Dios nos invita a orar

Vinculándonos con Dios mediante la oración. Es algo maravilloso que podamos orar eficazmente; que seres mortales indignos y sujetos a yerro posean la facultad de presentar sus peticiones a Dios. ¿Qué facultad más elevada podría desear el hombre que la de estar unido con el Dios infinito? El hombre débil y pecaminoso tiene el privilegio de hablar a su Hacedor. Podemos pronunciar palabras que alcanzan el trono del Monarca del universo. Podemos hablar con Jesús mientras andamos por el camino, y él dice: Estoy a tu diestra.
Podemos comulgar con Dios en nuestros corazones; podemos andar en compañerismo con Cristo. Mientras atendemos a nuestro trabajo diario, podemos exhalar el deseo de nuestro corazón, sin que lo oiga oído humano alguno; pero aquella palabra no puede perderse en el silencio, ni puede caer en el olvido. Nada puede ahogar el deseo del alma. Se eleva por encima del trajín de la calle, por encima del ruido de la maquinaria. Es a Dios a quien hablamos, y él oye nuestra oración.
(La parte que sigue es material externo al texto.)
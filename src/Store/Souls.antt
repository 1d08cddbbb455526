-- ===== src/Store/Souls.antt =====
-- crates/santi-db/src/adapter/standalone/soul_runtime: bootstrap.rs, helpers.rs, mod.rs and
-- runtime_port.rs. A row of `standalone_turns` is kept in the form that `map_turn_row` reads.
use santi.Base.{
  ℕ, ◌+◌, String, Bool, ◌&&◌, Option, none, some, [], ◌∷◌, ◌++◌, str_eq, any, find_by, update_where,
  ◌==◌, if◌then◌else◌,
}
use santi.Base.Texts.{format}
use santi.Base.Exec.{Exec, Result, ok, err, lift, ok_or, and_then, ◌>>=◌, ◌>>◌}
use santi.Model.Error.{Error, not_found, internal}
use santi.Model.Json
use santi.Model.Json.{Value, object, field, end, int, null, get, as_object, as_str, as_i64}
use santi.Model.Session.{
  ProviderState, SoulSession, SessionMessage, SoulSessionEntry, SoulSessionTargetType,
}
use santi.Store.{Db, SoulSessionRow, MessageRow}
use santi.Store.Mapping.{text_content, map_session_message_row}

-- helpers.rs
abbrev text_value : Option String → Value
text_value none = null
text_value (some s) = Json.text s

unfoldable pub encode_provider_state : ProviderState → Value
encode_provider_state state = object (
    field "provider" (Json.text state.provider) (
      field "basis_soul_session_seq" (int state.basis_soul_session_seq) (
        field "opaque" state.opaque
          (field "schema_version" (text_value state.schema_version) end))))

abbrev bind {ℓ} : {A B : Type ℓ} → Option A → (A → Option B) → Option B
bind none f = none
bind (some a) f = f a

unfoldable pub decode_provider_state : Value → Result Error ProviderState
unfolding get
decode_provider_state value =
    and_then (ok_or (as_object value) (internal "provider_state must be an object")) λ obj.
      and_then
        (ok_or (bind (get "provider" obj) as_str) (internal "provider_state.provider missing"))
        λ provider.
          and_then
            (ok_or (bind (get "basis_soul_session_seq" obj) as_i64)
              (internal "provider_state.basis_soul_session_seq missing"))
            λ basis.
              and_then (ok_or (get "opaque" obj) (internal "provider_state.opaque missing"))
                λ opaque. ok (record {
                  provider = provider;
                  basis_soul_session_seq = basis;
                  opaque = opaque;
                  schema_version = bind (get "schema_version" obj) as_str;
                })

abbrev pub decoded : Option Value → Result Error (Option ProviderState)
decoded none = ok none
decoded (some v) = and_then (decode_provider_state v) λ p. ok (some p)

unfoldable pub map_soul_session_row : SoulSessionRow → Result Error SoulSession
map_soul_session_row row = and_then (decoded row.provider_state) λ provider_state. ok (record {
  id = row.id;
  soul_id = row.soul_id;
  session_id = row.session_id;
  session_memory = row.session_memory;
  provider_state = provider_state;
  next_seq = row.next_seq;
  last_seen_session_seq = row.last_seen_session_seq;
  parent_soul_session_id = row.parent_soul_session_id;
  fork_point = row.fork_point;
  created_at = row.created_at;
  updated_at = row.updated_at;
})

-- This adapter reads a message as one text part, at version 1.
unfoldable pub map_ref_message_row : MessageRow → SessionMessage
unfolding map_session_message_row
map_ref_message_row row =
    let m = map_session_message_row row in
    record m {
      message = record m.message {
        content = text_content row.content_text;
        version = 1;
        updated_at = row.created_at;
      };
    }

-- bootstrap.rs
abbrev pub has_soul_id : String → SoulSessionRow → Bool
has_soul_id id row = str_eq row.id id

abbrev pub of_session : String → SoulSessionRow → Bool
of_session session_id row = str_eq row.session_id session_id

unfoldable pub standalone_soul_session_id : String → String
unfolding format
standalone_soul_session_id session_id = format ("ss_standalone_" ∷ session_id ∷ [])

abbrev pub fresh_soul_row : String → String → String → String → SoulSessionRow
fresh_soul_row now id soul_id session_id = record {
  id = id;
  soul_id = soul_id;
  session_id = session_id;
  session_memory = "";
  provider_state = none;
  next_seq = 1;
  last_seen_session_seq = 0;
  parent_soul_session_id = none;
  fork_point = none;
  created_at = now;
  updated_at = now;
}

-- A conflict on `session_id` changes nothing; one on the primary key alone is an error.
unfoldable pub ensure_soul_session : String → String → Exec Db Error (Unit {0})
unfolding standalone_soul_session_id
ensure_soul_session soul_id session_id s =
    let id = standalone_soul_session_id session_id in
    if any (of_session session_id) s.soul_sessions
    then (ok tt, s)
    else if any (has_soul_id id) s.soul_sessions
    then (err (internal "ensure standalone soul_session failed"), s)
    else (
      ok tt,
      record s {
        soul_sessions = s.soul_sessions ++ fresh_soul_row s.now id soul_id session_id ∷ [];
      },
    )

abbrev pub transpose : Option SoulSessionRow → Result Error (Option SoulSession)
transpose none = ok none
transpose (some row) = and_then (map_soul_session_row row) λ m. ok (some m)

unfoldable pub fetch_soul_session : String → Exec Db Error (Option SoulSession)
unfolding map_soul_session_row
fetch_soul_session id s = (transpose (find_by (has_soul_id id) s.soul_sessions), s)

unfoldable pub fetch_session_soul : String → Exec Db Error (Option SoulSession)
unfolding map_soul_session_row
fetch_session_soul session_id s = (transpose (find_by (of_session session_id) s.soul_sessions), s)

-- mod.rs, `ensure_acquired_soul_session`.
unfoldable pub acquire_soul_session : String → String → Exec Db Error SoulSession
unfolding ensure_soul_session fetch_session_soul
acquire_soul_session soul_id session_id = do
  ensure_soul_session soul_id session_id
  found ← fetch_session_soul session_id
  lift (ok_or found (not_found "standalone_soul_session"))

-- runtime_port.rs
unfoldable pub write_session_memory : String → String → Exec Db Error (Option SoulSession)
unfolding map_soul_session_row
write_session_memory id memory s =
    let rows =
      update_where (has_soul_id id)
        (λ row. record row { session_memory = memory; updated_at = s.now }) s.soul_sessions in
    (transpose (find_by (has_soul_id id) rows), record s { soul_sessions = rows })

abbrev pub advance : Db → SoulSessionRow → SoulSessionRow
advance s row = record row { next_seq = row.next_seq + 1; updated_at = s.now }

abbrev allocate_on : String → Option SoulSessionRow → Exec Db Error ℕ
allocate_on id none s = (err (not_found "standalone_soul_session"), s)
allocate_on id (some row) s = (
  ok row.next_seq,
  record s { soul_sessions = update_where (has_soul_id id) (advance s) s.soul_sessions },
)

-- UPDATE … SET next_seq = next_seq + 1 … RETURNING next_seq - 1.
unfoldable pub allocate_seq : String → Exec Db Error ℕ
allocate_seq id s = allocate_on id (find_by (has_soul_id id) s.soul_sessions) s

-- The primary key (soul_session_id, soul_session_seq).
abbrev pub same_place : String → ℕ → SoulSessionEntry → Bool
same_place id seq entry = str_eq entry.soul_session_id id && entry.soul_session_seq == seq

unfoldable pub insert_item :
    String → SoulSessionTargetType → String → ℕ → Exec Db Error SoulSessionEntry
insert_item id target_type target_id seq s =
    let entry : SoulSessionEntry = record {
      soul_session_id = id;
      target_type = target_type;
      target_id = target_id;
      soul_session_seq = seq;
      created_at = s.now;
    } in
    if any (same_place id seq) s.items
    then (err (internal "standalone item insert failed"), s)
    else (ok entry, record s { items = s.items ++ entry ∷ [] })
Pedid, pues; pedid y recibiréis. Pedid humildad, sabiduría, valor, aumento de fe. Cada oración sincera recibirá una contestación. Tal vez no llegue ésta exactamente como deseáis, o cuando la esperéis; pero llegará de la manera y en la ocasión que mejor cuadren a vuestra necesidad. Las oraciones que elevéis en la soledad, en el cansancio, en la prueba, Dios las contestará, no siempre según lo esperabais, pero siempre para vuestro bien (Obreros evangélicos, pp. 271, 272).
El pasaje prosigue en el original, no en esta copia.